In an impassioned plea published in a forum letter, Dr Belinda Wee, a pioneer in the senior living sector, shared the challenges of caring for seniors and hoped aloud that “agencies will work with all senior care operators on the ground to modify, improve and support services, rather than close them down”.
She is right, of course: Singapore needs the operators, the facilities and the beds. Closing a nursing home causes real disruption to residents and their families, and there will be one fewer care option for Singapore’s growing senior population. Instead, can we “rescue” these homes and rehabilitate them?
The sector has steadily added bed capacity, from about 12,800 in end-2016 to over 20,000 in 2025 as well as operator scale with the three largest providers operating more than 1,000 beds each. This means where once the main concern was the lack of alternatives and realistic options for the residents affected, there are more options for partnerships or managed transitions when individual homes struggle.
The government has an effective backstop too. Vanguard Healthcare, a wholly-owned subsidiary of the MOH Holdings now operates five homes with over 1,200 beds. In fact, Vanguard is the operator tasked to ensure that despite the license revocations, affected Windsor and LC residents will continue to be adequately cared for.
WHAT WE COULD DO BETTER
The road ahead as we see it will be one of rising standards and sector consolidation. The challenge will be to proactively manage this change instead of scrambling to react when the next nursing home fails to meet the necessary standards.
Should smaller, standalone nursing homes merge or go into closer partnership with the larger ones? About nine nursing homes have fewer than 100 beds, and some of the largest, well-funded ones presumably have the wherewithal to work with or integrate the smaller homes if called upon.

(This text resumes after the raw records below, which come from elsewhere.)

-- ===== src/Subjects/Invariant.antt =====
-- What holds of `SubjectMap` (src/gate.rs) between two operations, and that each keeps it.
pub mod Operations
use policy_gate.Prelude.{
  ℕ, suc, ◌-◌, ◌≤◌, ◌<◌, ◌≡◌, refl, arith, Bool, Option, none, some, List, ◌∷◌, length, ◌==◌,
  Option-cases, Bool-cases, inl, inr, max,
}
use policy_gate.Store.{Store}
use policy_gate.Lru.{Lru, init, find}
use policy_gate.Lru.{remove as remove_item}
use policy_gate.Subjects.{
  Slot, Subjects, touched, tick_of, idle_limit, evict_one, evict_loop, evict, drop_evicted,
  insert_new, get_or_insert_with, touch, update, pop_subject, remove, remove_if, with_cache,
  matches, clear_all,
}
use policy_gate.Subjects.Eviction.{evict_one_settings, evict_items, length-init-le}
use policy_gate.Subjects.Order.{
  IsOrdered, IsOrdered-mono, AllWithin, init-IsOrdered, trim-IsOrdered, trim-within, length-trim,
  find-trim, remove-IsOrdered, length-remove, length-remove-le, find-le,
}

module _ {T : Type 0} {lru : Lru T Slot} {P F : Type 0} where
  open lru use {
    dec, items, peek, clear_items, clear_capacity, capacity, push, get_mut, get_mut_hit,
    get_mut_miss, push_items, push_capacity, pop, pop_items, pop_capacity, pop_lem,
  }

  -- The items are in the order of their last touch, the latest at `t` at most, and the map
  -- holds no more of them than its capacity.
  pub record Inv (t : ℕ) (m : Subjects lru P F) : Type 0 where
    pub ordered : IsOrdered t (items m.cache)
    pub bounded : length (items m.cache) ≤ capacity m.cache
    pub positive : 0 < capacity m.cache

  evict_loop_settings :
      (rounds tick : ℕ) (m : Subjects lru P F)
      → ((evict_loop rounds tick m).subject_ttl ≡ m.subject_ttl)
        × ((evict_loop rounds tick m).activity_epoch ≡ m.activity_epoch)
        × (capacity (evict_loop rounds tick m).cache ≡ capacity m.cache)
  unfolding evict_loop
  evict_loop_settings ℕ.zero tick m = (refl, refl, refl)
  evict_loop_settings (suc rounds) tick m =
      ground (arith, evict_one_settings m, evict_loop_settings rounds tick (evict_one m))

  pub evict_settings :
      (tick : ℕ) (m : Subjects lru P F)
      → ((evict tick m).subject_ttl ≡ m.subject_ttl)
        × ((evict tick m).activity_epoch ≡ m.activity_epoch)
        × (capacity (evict tick m).cache ≡ capacity m.cache)
  unfolding evict
  evict_settings tick m = evict_loop_settings (length (items m.cache)) tick m

  -- Eviction keeps the order and the bound, and leaves no subject that has been idle for longer
  -- than the limit.
  pub evict-Inv :
      (t tick : ℕ) (m : Subjects lru P F)
      → Inv t m
      → Inv t (evict tick m) × AllWithin (idle_limit m) tick (items (evict tick m).cache)
  evict-Inv t tick m v =
      let limit = idle_limit m in
      (
        record {
          ordered = rw (evict_items tick m) (trim-IsOrdered limit tick t (items m.cache) v.ordered);
          bounded =
              rw (evict_items tick m, (evict_settings tick m).2)
                (omega (arith, length-trim limit tick (items m.cache), v.bounded));
          positive = rw ((evict_settings tick m).2) v.positive;
        },
        rw (evict_items tick m) (trim-within limit tick t (items m.cache) v.ordered),
      )

  -- Replacing the cache by one whose items are in order and within its capacity.
  abbrev with_items : (m : Subjects lru P F) → lru.Cache → Subjects lru P F
  with_items m c = record m { cache = c }

  pub renewed-Inv :
      (t tick : ℕ) (m : Subjects lru P F) (k : T) (slot : Slot) (after : lru.Cache)
      → t ≤ tick
      → Inv t m
      → find dec k (items m.cache) ≡ some slot
      → items after ≡ (k, touched tick slot) ∷ remove_item dec k (items m.cache)
      → capacity after ≡ capacity m.cache
      → Inv tick (record m { cache = after })
  unfolding touched
  renewed-Inv t tick m k slot after h v found e c =
      let earlier : slot.last_touched ≤ t = find-le dec k t (items m.cache) v.ordered found in
      let latest : max slot.last_touched tick ≡ tick = omega arith in
      record {
        ordered =
            rw (e, latest)
              (
                omega arith,
                IsOrdered-mono t tick (remove_item dec k (items m.cache)) h
                    (remove-IsOrdered dec k t (items m.cache) v.ordered),
              );
        bounded = rw (e, c) (omega (arith, length-remove dec k (items m.cache) found, v.bounded));
        positive = rw c v.positive;
      }

  pub Inv-mono : (t u : ℕ) (m : Subjects lru P F) → t ≤ u → Inv t m → Inv u m
  Inv-mono t u m h v = record {
    ordered = IsOrdered-mono t u (items m.cache) h v.ordered;
    bounded = v.bounded;
    positive = v.positive;
  }

  pub pushed-Inv :
      (tick : ℕ) (m : Subjects lru P F) (k : T) (slot : Slot)
      → slot.last_touched ≡ tick
      → Inv tick m
      → find dec k (items m.cache) ≡ none
      → Inv tick (record m { cache = (push k slot m.cache).1 })
  pushed-Inv tick m k slot now v absent =
      elim (Bool-cases (length (items m.cache) == capacity m.cache)) [
        | inl full ↦ record {
          ordered =
              rw (push_items k slot m.cache absent, full, now)
                (omega arith, init-IsOrdered tick (items m.cache) v.ordered);
          bounded =
              rw (push_items k slot m.cache absent, full, push_capacity k slot m.cache)
                (room (items m.cache) (capacity m.cache) v.bounded v.positive);
          positive = rw (push_capacity k slot m.cache) v.positive;
        }
        | inr free ↦ record {
          ordered = rw (push_items k slot m.cache absent, free, now) (omega arith, v.ordered);
          bounded =
              rw (push_items k slot m.cache absent, free, push_capacity k slot m.cache)
                (ground (arith, v.bounded));
          positive = rw (push_capacity k slot m.cache) v.positive;
        }
      ]
    where
      room : (xs : List (T × Slot)) (n : ℕ) → length xs ≤ n → 0 < n → suc (length (init xs)) ≤ n
      room xs n h p = omega (arith, length-init-le xs (n - 1) (omega arith))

What could make sense is a proactive, orderly consolidation of the sector, guided by a national masterplan. That could ensure residents and families are given information, time, choice and continuity of care, rather than lose precious social connections and be forced into unfamiliar settings potentially far away from their families.
Surely Singapore can and must do better - and before the next lapse forces the issue.

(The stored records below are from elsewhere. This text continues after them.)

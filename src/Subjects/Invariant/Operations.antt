-- ===== src/Subjects/Invariant/Operations.antt =====
-- The operations of `SubjectMap`, src/gate.rs: each keeps the map's order and its bound.
use policy_gate.Prelude.{
  ℕ, ◌≤◌, ◌≡◌, refl, arith, Bool, Option, none, some, Option-cases, Bool-cases, inl, inr,
}
use policy_gate.Store.{Store}
use policy_gate.Lru.{Lru, find}
use policy_gate.Subjects.{
  Slot, Subjects, touched, tick_of, idle_limit, evict, drop_evicted, insert_new, get_or_insert_with,
  touch, update, pop_subject, remove, remove_if, with_cache, matches, clear_all,
}
use policy_gate.Subjects.Eviction.{evict_items}
use policy_gate.Subjects.Order.{find-trim, remove-IsOrdered, length-remove-le}
use policy_gate.Subjects.Invariant.{Inv, Inv-mono, evict-Inv, renewed-Inv, pushed-Inv}

module _ {T : Type 0} {lru : Lru T Slot} {P F : Type 0} where
  open lru use {
    dec, items, peek, clear_items, clear_capacity, capacity, push, get_mut, get_mut_hit,
    get_mut_miss, push_items, push_capacity, pop, pop_items, pop_capacity, pop_lem,
  }

  insert_new-Inv :
      (tick : ℕ) (subject : T) (create : Store P F → Store P F × ℕ) (m : Subjects lru P F)
      → Inv tick m
      → find dec subject (items m.cache) ≡ none
      → Inv tick (insert_new subject tick create m).0
  unfolding insert_new drop_evicted
  insert_new-Inv tick subject create m v absent =
      let slot : Slot = record { entry = (create m.store).1; last_touched = tick } in
      let w = pushed-Inv tick m subject slot refl v absent in
      (evict-Inv tick tick _ (
        dropped (push subject slot m.cache).0
          (record m { cache = (push subject slot m.cache).1; store = (create m.store).0 })
          (record { ordered = w.ordered; bounded = w.bounded; positive = w.positive }))).0
    where
      dropped :
          (o : Option (T × Slot)) (n : Subjects lru P F) → Inv tick n → Inv tick (drop_evicted o n)
      dropped none n w = w
      dropped (some x) n w = record {
        ordered = w.ordered;
        bounded = w.bounded;
        positive = w.positive;
      }

  -- A lookup or insertion at a later tick keeps the order and the bound of the map.
  pub get_or_insert_with-Inv :
      (t now : ℕ) (subject : T) (create : Store P F → Store P F × ℕ) (m : Subjects lru P F)
      → t ≤ tick_of m now
      → Inv t m
      → Inv (tick_of m now) (get_or_insert_with subject now create m).0
  unfolding get_or_insert_with
  get_or_insert_with-Inv t now subject create m h v =
      elim (Option-cases (find dec subject (items m.cache))) [
        | inl absent ↦
            rw (get_mut_miss subject (touched tick) m.cache absent, get_or_insert_with)
              (insert_new-Inv tick subject create (evict tick m)
                (evict-Inv tick tick m (Inv-mono t tick m h v)).0
                (rw (evict_items tick m)
                  (find-trim (idle_limit m) tick dec subject (items m.cache) absent)))
        | inr (slot, found) ↦
            let (after, hit, listed, kept) =
              get_mut_hit subject (touched tick) m.cache slot found in
            rw (hit, get_or_insert_with)
              (evict-Inv tick tick (record m { cache = after })
                (renewed-Inv t tick m subject slot after h v found listed kept)).0
      ]
    where
      tick : ℕ
      tick = tick_of m now

  -- So does a touch of an entry.
  pub touch-Inv :
      (t now : ℕ) (subject : T) (entry : ℕ) (m : Subjects lru P F)
      → t ≤ tick_of m now
      → Inv t m
      → Inv (tick_of m now) (touch subject entry now m).0
  unfolding touch
  touch-Inv t now subject entry m h v = elim (Bool-cases (matches m subject entry)) [
    | inl same ↦ rw (same, touch) (evict-Inv tick tick _ renewed).0
    | inr other ↦ rw (other, touch) (evict-Inv tick tick m (Inv-mono t tick m h v)).0
  ]
    where
      tick : ℕ
      tick = tick_of m now

      renewed : Inv tick (with_cache m (get_mut subject (touched tick) m.cache))
      renewed = elim (Option-cases (find dec subject (items m.cache))) [
        | inl absent ↦
            rw (get_mut_miss subject (touched tick) m.cache absent, with_cache)
              (Inv-mono t tick m h v)
        | inr (slot, found) ↦
            let (after, hit, listed, kept) =
              get_mut_hit subject (touched tick) m.cache slot found in
            rw (hit, with_cache) (renewed-Inv t tick m subject slot after h v found listed kept)
      ]

  pub update-Inv :
      (t now : ℕ) (subject : T) (change : ℕ → Store P F → Store P F) (m : Subjects lru P F)
      → t ≤ tick_of m now
      → Inv t m
      → Inv (tick_of m now) (update subject now change m)
  unfolding update
  update-Inv t now subject change m h v =
      let tick = tick_of m now in
      let w = (evict-Inv tick tick m (Inv-mono t tick m h v)).0 in
      elim (peek subject (evict tick m).cache)
        as (λ o. Inv tick (elim o [
          | none ↦ evict tick m
          | some slot ↦ record (evict tick m) { store = change slot.entry (evict tick m).store }
        ])) [
          | none ↦ w
          | some slot ↦ record { ordered = w.ordered; bounded = w.bounded; positive = w.positive }
        ]

  pop_subject-Inv :
      (t : ℕ) (subject : T) (m : Subjects lru P F) → Inv t m → Inv t (pop_subject subject m).0
  unfolding pop_subject
  pop_subject-Inv t subject m v =
      let popped : Inv t (record m { cache = (pop subject m.cache).1 }) = record {
        ordered =
            rw (pop_items subject m.cache)
              (remove-IsOrdered dec subject t (items m.cache) v.ordered);
        bounded =
            rw (pop_items subject m.cache, pop_capacity subject m.cache)
              (omega (arith, length-remove-le dec subject (items m.cache), v.bounded));
        positive = rw (pop_capacity subject m.cache) v.positive;
      } in
      elim (Option-cases (pop subject m.cache).0) [
        | inl e ↦ rw (e, pop_subject) popped
        | inr (slot, e) ↦
            rw (e, pop_subject)
              (record {
                ordered = popped.ordered;
                bounded = popped.bounded;
                positive = popped.positive;
              })
      ]

  pub remove-Inv :
      (t now : ℕ) (subject : T) (m : Subjects lru P F)
      → t ≤ tick_of m now
      → Inv t m
      → Inv (tick_of m now) (remove subject now m).0
  unfolding remove
  remove-Inv t now subject m h v =
      let tick = tick_of m now in
      pop_subject-Inv tick subject (evict tick m) (evict-Inv tick tick m (Inv-mono t tick m h v)).0

  pub remove_if-Inv :
      (t now : ℕ) (subject : T) (predicate : ℕ → Store P F → Store P F × Bool)
      (m : Subjects lru P F)
      → t ≤ tick_of m now
      → Inv t m
      → Inv (tick_of m now) (remove_if subject now predicate m).0
  unfolding remove_if
  remove_if-Inv t now subject predicate m h v = elim (Option-cases (peek subject kept.cache)) [
    | inl e ↦ rw (e, remove_if) w
    | inr (slot, e) ↦
        let r = predicate slot.entry kept.store in
        let judged : Inv tick (record kept { store = r.0 }) = record {
          ordered = w.ordered;
          bounded = w.bounded;
          positive = w.positive;
        } in
        elim (Bool-cases r.1) [
          | inl yes_gone ↦ rw (e, remove_if, yes_gone) (pop_subject-Inv tick subject _ judged)
          | inr stays ↦ rw (e, remove_if, stays) judged
        ]
  ]
    where
      tick : ℕ
      tick = tick_of m now

      kept : Subjects lru P F
      kept = evict tick m

      w : Inv tick kept
      w = (evict-Inv tick tick m (Inv-mono t tick m h v)).0

  pub clear_all-Inv : (t : ℕ) (m : Subjects lru P F) → Inv t m → Inv t (clear_all m)
  unfolding clear_all
  clear_all-Inv t m v = record {
    ordered = rw (clear_items m.cache) tt;
    bounded = rw (clear_items m.cache) (omega arith);
    positive = rw (clear_capacity m.cache) v.positive;
  }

Jeremy Lim is a medical doctor trained in surgery, public health and lifestyle medicine. He has been involved in the community care sector since the late 1990s in various capacities most recently as Chairman of Dover Park Hospice (2020 to 2024). Isabella Burton is a public health-trained New Colombo Plan Scholar with experience in community health, health promotion, and global health across Australia, Indonesia, and Singapore.